Credit: © 2007 ACS

'Hydrogen bonding' is the name given to the weak non-covalent interaction between a slightly positively charged hydrogen atom and an electron donating atom such as oxygen or nitrogen. This phenomenon is not only of great importance in biological systems — where it governs, for example, which DNA bases pair with one another and how proteins fold — but it can play a significant role in determining the physical properties of synthetic materials.

To date, most studies of hydrogen-bond strength have considered interactions between molecules either in the gas phase or dissolved in a solvent. Now, Ludwig Bartels and co-workers1 at the University of California, Riverside in the USA have used a scanning tunnelling microscope to investigate hydrogen bonds formed between molecules adsorbed on a copper substrate. Two structurally similar molecules — anthraquinone and its sulphur analogue 9,10-dithioanthracene — are each known to form hydrogen-bonded chains on a copper surface. Bartels and colleagues observed individual molecules detaching from the ends of such chains and then calculated how the rate of the process varied with temperature.
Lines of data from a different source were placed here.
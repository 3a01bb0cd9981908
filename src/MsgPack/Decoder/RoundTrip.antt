-- ===== src/MsgPack/Decoder/RoundTrip.antt =====
-- `MicroMsgPack.decode` of packages/core/src/utils/msgpack.js undoes `MicroMsgPack.encode`.
use reticulum_js.Common.{
  ℕ, zero, suc, ◌-◌, ◌^◌, ◌≤◌, ◌<◌, ◌≡◌, refl, ◌∙◌, arith, true, false, Option, none, some, List,
  [], ◌∷◌, ◌++◌, ok, Result, append_assoc,
}
use reticulum_js.Common.Int.{pos, negsuc}
use reticulum_js.MsgPack.{
  Value, null, undefined, bool, int, float, big, str, bin, arr, map, obj, other, Items, end, item,
  MsgPackError, Entries, done, entry, default_proto, count_items, count_entries, encode_value,
  encode_items, encode_entries, encode_number, encode_float, encode_big_int, encode_string,
  encode_binary, array_head, map_head,
}
use reticulum_js.MsgPack.Floats.{be}
use reticulum_js.MsgPack.Decoder.Objects.{PropertyKey}
use reticulum_js.MsgPack.Decoder.{
  Reader, decode_items, decode_entries, decode_array, decode_map, decode_case, decode_number,
  decode_sized, decode_first, decode_step, decode_value, decode,
}
use reticulum_js.MsgPack.Decoder.Numbers.{
  rd, step_number_pos, step_number_neg, step_float, step_big_pos, step_big_neg,
}
use reticulum_js.MsgPack.Decoder.Heads.{step_array_head, step_map_head, step_string, step_binary}
use reticulum_js.MsgPack.Decoder.Canonical.{
  depth, depth_items, depth_entries, snoc, append_entries, FreshKeys, IsCanonical, AreCanonical,
  HoldCanonical, append_entries-snoc, append_entries-done, put_entry_lem,
}

module _ (utf8 text : List ℕ → List ℕ) (key : PropertyKey) where
  abbrev pub nested_of : ℕ → Option (Reader → Result MsgPackError (Value × Reader))
  nested_of zero = none
  nested_of (suc levels) = some (decode_value text key levels)

  pub decode_value_lem :
      (levels : ℕ) (r : Reader)
      → decode_value text key levels r ≡ decode_step text key (nested_of levels) r
  unfolding decode_value
  decode_value_lem zero r = refl
  decode_value_lem (suc levels) r = refl

  -- `bs` is what `v` is written as, and `v` is read from it.
  abbrev pub IsRead : ℕ → Value → List ℕ → Type 0
  IsRead levels v bs =
      (rest beyond : List ℕ)
      → decode_value text key levels (rd (bs ++ rest) beyond) ≡ ok (v, rd rest beyond)

  abbrev pub Written : ℕ → Value → Type 0
  Written levels v = (bs : List ℕ) × (encode_value utf8 v ≡ ok bs) × IsRead levels v bs

  abbrev ItemsWritten : ℕ → Items → Type 0
  ItemsWritten levels vs =
      (bs : List ℕ) × (encode_items utf8 vs ≡ ok bs)
      × ((rest beyond : List ℕ)
          → decode_items text key (decode_value text key levels) (count_items vs)
              (rd (bs ++ rest) beyond)
            ≡ ok (vs, rd rest beyond))

  abbrev EntriesWritten : ℕ → Entries → Entries → Type 0
  EntriesWritten levels before es =
      (bs : List ℕ) × (encode_entries utf8 es ≡ ok bs)
      × ((rest beyond : List ℕ)
          → decode_entries text key (decode_value text key levels) (count_entries es) default_proto
              before (rd (bs ++ rest) beyond)
            ≡ ok (obj default_proto (append_entries before es), rd rest beyond))

  -- A value that is read whatever the depth.
  leaf :
      (levels : ℕ) (v : Value) (bs : List ℕ)
      → encode_value utf8 v ≡ ok bs
      → ((rest beyond : List ℕ)
          → decode_step text key (nested_of levels) (rd (bs ++ rest) beyond)
            ≡ ok (v, rd rest beyond))
      → Written levels v
  leaf levels v bs e f =
      (bs, e, λ rest beyond. decode_value_lem levels (rd (bs ++ rest) beyond) ∙ f rest beyond)

  items_cons :
      (levels : ℕ) (v : Value) (vs : Items)
      → Written levels v
      → ItemsWritten levels vs
      → ItemsWritten levels (item v vs)
  items_cons levels v vs (b, e, f) (bs, es, fs) = (
    b ++ bs,
    unfold encode_value in rw (e, es) refl,
    λ rest beyond.
        unfold decode_items count_items in
        rw (append_assoc b bs rest, f (bs ++ rest) beyond, fs rest beyond) refl,
  )

  entries_cons :
      (levels : ℕ) (before : Entries) (k : List ℕ) (v : Value) (es : Entries)
      → FreshKeys before (entry (str k) v es)
      → Written levels (str k)
      → Written levels v
      → EntriesWritten levels (snoc before k v) es
      → EntriesWritten levels before (entry (str k) v es)
  unfolding FreshKeys
  entries_cons levels before k v es fresh (kb, ke, kf) (b, e, f) (bs, ee, fs) = (
    kb ++ (b ++ bs),
    unfold encode_value in ground (arith, ke, e, ee),
    λ rest beyond.
        unfold decode_entries count_entries in
        rw
          (
            append_assoc kb (b ++ bs) rest,
            append_assoc b bs rest,
            kf (b ++ (bs ++ rest)) beyond,
            f (bs ++ rest) beyond,
            put_entry_lem key k v before fresh.0 fresh.1,
            fs rest beyond,
            append_entries-snoc before k v es,
          )
          refl,
  )

  array_lem :
      (levels : ℕ) (vs : Items)
      → count_items vs < 4294967296
      → ItemsWritten levels vs
      → Written (suc levels) (arr vs)
  array_lem levels vs fits (bs, e, f) =
      leaf (suc levels) (arr vs) (array_head (count_items vs) ++ bs)
        (unfold encode_value in rw e refl)
        (λ rest beyond.
          rw
            (
              append_assoc (array_head (count_items vs)) bs rest,
              step_array_head text key (nested_of (suc levels)) (count_items vs) (bs ++ rest) beyond
                  fits,
            )
            (unfold decode_array in rw (f rest beyond) refl))

  map_lem :
      (levels : ℕ) (es : Entries)
      → count_entries es < 4294967296
      → EntriesWritten levels done es
      → Written (suc levels) (obj default_proto es)
  map_lem levels es fits (bs, e, f) =
      leaf (suc levels) (obj default_proto es) (map_head (count_entries es) ++ bs)
        (unfold encode_value in rw e refl)
        (λ rest beyond.
          rw
            (
              append_assoc (map_head (count_entries es)) bs rest,
              step_map_head text key (nested_of (suc levels)) (count_entries es) (bs ++ rest) beyond
                  fits,
            )
            (unfold decode_map append_entries in f rest beyond))

  mutual
    unfolding IsCanonical depth FreshKeys encode_big_int encode_value decode_items count_items
        decode_entries count_entries append_entries decode_step decode_first decode_case
        decode_number decode_sized

    pub written :
        (v : Value) (levels : ℕ) → IsCanonical utf8 text v → depth v ≤ levels → Written levels v
    written null levels c h = leaf levels null (0xc0 ∷ []) refl (λ rest beyond. refl)
    written undefined levels c h = absurd c
    written (bool true) levels c h = leaf levels (bool true) (0xc3 ∷ []) refl (λ rest beyond. refl)
    written (bool false) levels c h =
        leaf levels (bool false) (0xc2 ∷ []) refl (λ rest beyond. refl)
    written (int (pos n)) levels c h =
        leaf levels (int (pos n)) (encode_number (pos n)) refl
          (λ rest beyond. step_number_pos text key (nested_of levels) rest beyond n c)
    written (int (negsuc k)) levels c h =
        leaf levels (int (negsuc k)) (encode_number (negsuc k)) refl
          (λ rest beyond. step_number_neg text key (nested_of levels) rest beyond k c)
    written (float bits) levels (len, fraction, no_zero) h =
        leaf levels (float bits) (encode_float bits) refl (λ rest beyond.
          step_float text key (nested_of levels) rest beyond bits len fraction no_zero)
    written (big (pos n)) levels (low, high) h =
        leaf levels (big (pos n)) (0xcf ∷ be 8 n) (ground arith)
          (λ rest beyond. step_big_pos text key (nested_of levels) rest beyond n low high)
    written (big (negsuc k)) levels (low, high) h =
        leaf levels (big (negsuc k)) (0xd3 ∷ be 8 (2 ^ 64 - suc k)) (ground arith)
          (λ rest beyond. step_big_neg text key (nested_of levels) rest beyond k low high)
    written (str s) levels (back, fits) h =
        leaf levels (str s) (encode_string utf8 s) refl
          (λ rest beyond. step_string text key (nested_of levels) rest beyond utf8 s back fits)
    written (bin b) levels c h =
        leaf levels (bin b) (encode_binary b) refl
          (λ rest beyond. step_binary text key (nested_of levels) rest beyond b c)
    written (arr vs) zero c h = absurd (omega arith)
    written (arr vs) (suc levels) (fits, c) h =
        array_lem levels vs fits (items_written vs levels c (omega arith))
    written (map es) levels c h = absurd c
    written (obj p es) zero c h = absurd (omega arith)
    written (obj p es) (suc levels) (is, fits, fresh, c) h =
        rw is (map_lem levels es fits (entries_written es levels done fresh c (omega arith)))
    written other levels c h = absurd c

    items_written :
        (vs : Items) (levels : ℕ)
        → AreCanonical utf8 text vs
        → depth_items vs ≤ levels
        → ItemsWritten levels vs
    items_written end levels c h = ([], refl, λ rest beyond. refl)
    items_written (item v vs) levels (c, cs) h =
        items_cons levels v vs (written v levels c (omega arith))
          (items_written vs levels cs (omega arith))

    entries_written :
        (es : Entries) (levels : ℕ) (before : Entries)
        → FreshKeys before es
        → HoldCanonical utf8 text es
        → depth_entries es ≤ levels
        → EntriesWritten levels before es
    entries_written done levels before fresh c h =
        ([], refl, λ rest beyond. rw (append_entries-done before) refl)
    entries_written (entry (str k) v es) levels before fresh (kc, c, cs) h =
        entries_cons levels before k v es fresh (written (str k) levels kc (omega arith))
          (written v levels c (omega arith))
          (entries_written es levels (snoc before k v) fresh.2 cs (omega arith))
    entries_written (entry q v es) levels before fresh c h = absurd fresh

-- For strings that the text encoder and decoder keep: each canonical value nested at most 128 deep is
-- encoded, and decoding the bytes, whatever follows them in the view or after it in the buffer, gives
-- the value back.
pub decode-encode :
    (utf8 text : List ℕ → List ℕ) (key : PropertyKey) (v : Value)
    → IsCanonical utf8 text v
    → depth v ≤ 128
    → (bytes : List ℕ) × (encode_value utf8 v ≡ ok bytes)
      × ((rest beyond : List ℕ) → decode text key (bytes ++ rest) beyond ≡ ok v)
decode-encode utf8 text key v c h =
    let (bytes, made, read) = written utf8 text key v 128 c h in
    (bytes, made, λ rest beyond. unfold decode in rw (read rest beyond) refl)
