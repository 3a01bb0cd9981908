-- ===== src/MsgPack/Decoder/Faults.antt =====
-- Where the decoder of packages/core/src/utils/msgpack.js takes in what it means to refuse.
use reticulum_js.Common.{
  ℕ, ◌≤◌, ◌<◌, ◌≡◌, refl, sym, arith, List, [], ◌++◌, length, length-append, take-append,
  append_assoc, ok, err,
}
use reticulum_js.Common.Dict.{str_eq}
use reticulum_js.MsgPack.{
  Value, str, bin, arr, encode_string, encode_binary, string_head, binary_head, map, obj, end, item,
  Entries, done, entry, Proto, default_proto, proto, binary_length, encode_value, map_head,
  count_entries, count_items,
}
use reticulum_js.MsgPack.Decoder.Objects.{
  PropertyKey, proto_name, put_entry, assign, set_proto, has_own, meets_setter,
}
use reticulum_js.MsgPack.Decoder.{decode_string, decode_binary, decode_map, decode_entries, decode}
use reticulum_js.MsgPack.Decoder.Numbers.{rd}
use reticulum_js.MsgPack.Decoder.Heads.{
  step_map_head, step_string_head, step_binary_head, push_chunked_lem,
}
use reticulum_js.MsgPack.Decoder.Canonical.{IsCanonical, depth}
use reticulum_js.MsgPack.Decoder.RoundTrip.{written, decode_value_lem, nested_of, IsRead}

decode_string_cut :
    (text : List ℕ → List ℕ) (body cut more : List ℕ)
    → 0 < length cut
    → decode_string text (length (body ++ cut)) (rd body (cut ++ more))
      ≡ ok (str (text (body ++ cut)), rd [] (cut ++ more))
unfolding decode_string
decode_string_cut text body cut more some_cut = ground (
  arith,
  length-append body cut,
  append_assoc body cut more,
  length-append (body ++ cut) more,
  take-append (length (body ++ cut)) (body ++ cut) more refl,
)

decode_binary_cut :
    (body cut beyond : List ℕ)
    → 0 < length cut
    → decode_binary (length (body ++ cut)) (rd body beyond) ≡ err binary_length
unfolding decode_binary
decode_binary_cut body cut beyond some_cut = ground (arith, length-append body cut)

-- An encoded string, of which a part is cut off after its head, is decoded to the whole string where the
-- bytes that were cut off follow the view in its buffer, if the text coders keep the string and it has
-- fewer than 2 ^ 32 bytes; an encoded byte array of fewer than 2 ^ 32 bytes that is cut off after its
-- head is refused, whatever follows.
pub string_reads_past :
    (utf8 text : List ℕ → List ℕ) (key : PropertyKey) (s body cut more kept lost beyond : List ℕ)
    → utf8 s ≡ body ++ cut
    → text (utf8 s) ≡ s
    → 0 < length cut
    → length (body ++ cut) < 4294967296
    → 0 < length lost
    → length (kept ++ lost) < 4294967296
    → ((head : List ℕ) × (encode_value utf8 (str s) ≡ ok (head ++ (body ++ cut)))
        × (decode text key (head ++ body) (cut ++ more) ≡ ok (str s)))
      × ((head : List ℕ) × (encode_value utf8 (bin (kept ++ lost)) ≡ ok (head ++ (kept ++ lost)))
          × (decode text key (head ++ kept) beyond ≡ err binary_length))
unfolding decode encode_value encode_string encode_binary
string_reads_past utf8 text key s body cut more kept lost beyond bytes back some_cut fits some_lost
      fits' =
    (
      (
        string_head (length (body ++ cut)),
        rw (bytes, push_chunked_lem (length (body ++ cut)) (body ++ cut) (omega arith)) refl,
        rw
            (
              decode_value_lem utf8 text key 128
                  (rd (string_head (length (body ++ cut)) ++ body) (cut ++ more)),
              step_string_head text key (nested_of utf8 text key 128) (length (body ++ cut)) body
                  (cut ++ more) fits,
              decode_string_cut text body cut more some_cut,
              sym bytes,
              back,
            )
            refl,
      ),
      (
        binary_head (length (kept ++ lost)),
        rw (push_chunked_lem (length (kept ++ lost)) (kept ++ lost) (omega arith)) refl,
        rw
            (
              decode_value_lem utf8 text key 128
                  (rd (binary_head (length (kept ++ lost)) ++ kept) beyond),
              step_binary_head text key (nested_of utf8 text key 128) (length (kept ++ lost)) kept
                  beyond fits',
              decode_binary_cut kept lost beyond some_lost,
            )
            refl,
      ),
    )

-- The key of the array that holds one string.
abbrev pub proto_array : Value
proto_array = arr (item (str proto_name) end)

module _ (utf8 text : List ℕ → List ℕ) (key : PropertyKey) (k w : Value) (ks bs : List ℕ) where
  pair_written :
      encode_value utf8 k ≡ ok ks
      → encode_value utf8 w ≡ ok bs
      → encode_value utf8 (map (entry k w done)) ≡ ok (map_head 1 ++ (ks ++ (bs ++ [])))
  pair_written ke e = unfold encode_value count_entries in rw (ke, e) refl

  pair_read :
      (p : Proto) (fs : Entries)
      → IsRead utf8 text key 127 k ks
      → IsRead utf8 text key 127 w bs
      → put_entry key k w default_proto done ≡ (p, fs)
      → decode text key (map_head 1 ++ (ks ++ (bs ++ []))) [] ≡ ok (obj p fs)
  unfolding decode decode_map decode_entries
  pair_read p fs kf f put =
      rw
        (
          decode_value_lem utf8 text key 128 (rd (map_head 1 ++ (ks ++ (bs ++ []))) []),
          step_map_head text key (nested_of utf8 text key 128) 1 (ks ++ (bs ++ [])) []
              (omega arith),
          kf (bs ++ []) [],
          f [] [],
          put,
        )
        refl

put_proto :
    (key : PropertyKey) (es : Entries)
    → key proto_array ≡ proto_name
    → put_entry key proto_array (obj default_proto es) default_proto done
      ≡ (proto (obj default_proto es), done)
unfolding put_entry assign set_proto has_own meets_setter str_eq
put_proto key es is = rw is refl

proto_array-IsCanonical :
    (utf8 text : List ℕ → List ℕ)
    → IsCanonical utf8 text (str proto_name)
    → IsCanonical utf8 text proto_array × (depth proto_array ≤ 127)
unfolding IsCanonical depth count_items
proto_array-IsCanonical utf8 text name = ((omega arith, (name, tt)), omega arith)

-- Where the language makes "__proto__" of the array that holds this string, as it does, and the text
-- coders keep it: the `Map` from that array to a canonical object, nested at most 127 deep, is encoded,
-- and decoded to an object without properties whose prototype is the given object.
pub array_key_sets_proto :
    (utf8 text : List ℕ → List ℕ) (key : PropertyKey) (es : Entries)
    → key proto_array ≡ proto_name
    → IsCanonical utf8 text (str proto_name)
    → IsCanonical utf8 text (obj default_proto es)
    → depth (obj default_proto es) ≤ 127
    → (bytes : List ℕ) × (encode_value utf8 (map (entry proto_array (obj default_proto es) done))
        ≡ ok bytes)
      × (decode text key bytes [] ≡ ok (obj (proto (obj default_proto es)) done))
array_key_sets_proto utf8 text key es is name c deep =
    let (c', shallow) = proto_array-IsCanonical utf8 text name in
    let w : Value = obj default_proto es in
    let (ks, ke, kf) = written utf8 text key proto_array 127 c' shallow in
    let (bs, e, f) = written utf8 text key w 127 c deep in
    (
      map_head 1 ++ (ks ++ (bs ++ [])),
      pair_written utf8 text key proto_array w ks bs ke e,
      pair_read utf8 text key proto_array w ks bs (proto w) done kf f (put_proto key es is),
    )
It was found, as expected, that the oxygen-based hydrogen bonding present in the anthraquinone chains was stronger than the sulphur-based interactions holding the rows of 9,10-dithioanthracene moelcules together. The good correlation with values reported for similar systems studied in both gas and solution phases suggests that this is a viable experimental technique to measure hydrogen bonds between molecules on a surface.